Your exporting app has been live for a few weeks, and the team is loving it. It's saving each rep 4+ hours a week of miserable copy/pasting. But there are a few things that could improve the workflow slightly. Since reps are on the go so often, the process of downloading a CSV and then emailing it to the customer becomes somewhat frustrating. They all agree that if they could both save exports for later and email the exports directly from the portal, it'd be a much better process.

Task 2 (option 1): Allow access to old exports and sending of exports to email addresses. Guidelines:

  1. Upon login, users should see a reverse-chronological feed of all the requested exports, including the workspace id, time of request and email of requester
  2. Each export should have an option after the CSV link that allows the user to enter an email address
  3. Upon entry of an email address, the application should send an email to that address with a copy of the CSV. Since some of these emails are customer-facing, the subject and body should explain what it is.

The CS reps can't stop buzzing about the time you save them every week. The CEO has noticed and prompts the product team to consider including this as a public facing app for Hive users. Before continuing, they want to get some usage reports - but since it was early on in your days at Hive, you had no chance to set up analytics! Luckily, you were smart enough to set up logs on every export request and can use those to get the data that the product team is after.
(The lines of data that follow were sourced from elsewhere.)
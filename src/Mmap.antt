-- ===== src/Mmap.antt =====
-- The memory-mapped queue of plugins/queue/mmap.
pub mod File
pub mod Quiet
pub mod Kept
pub mod Meta
pub mod Outcome
pub mod State
pub mod Segments
pub mod Access
pub mod Operation
pub mod Position
pub mod Layout
pub mod Bytes
pub mod Write
pub mod Length
pub mod Read
pub mod Linear
pub mod Fifo
pub mod Offset
pub mod Service
pub mod History
mod Ram
mod Tests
Task 3 (option 2): Write a basic script to gather usage data. Guidelines:

  1. Compute the total number of export requests since launch
  2. Compute the number of requests per unique workspace
  3. Compute the most frequent requester, as they might have valuable feedback about the product
  4. Here are some sample log outputs:
  5. [ 2017-07-27T18:58:18+00:00 ] requester email = john@hive.com, workspace = ABC123
  6. [ 2017-07-27T18:59:53+00:00 ] requester email = jd@hive.com, workspace = DEF456

Note: You're able to download the logs as plain text files and run the script on your machine to show the results to the product team.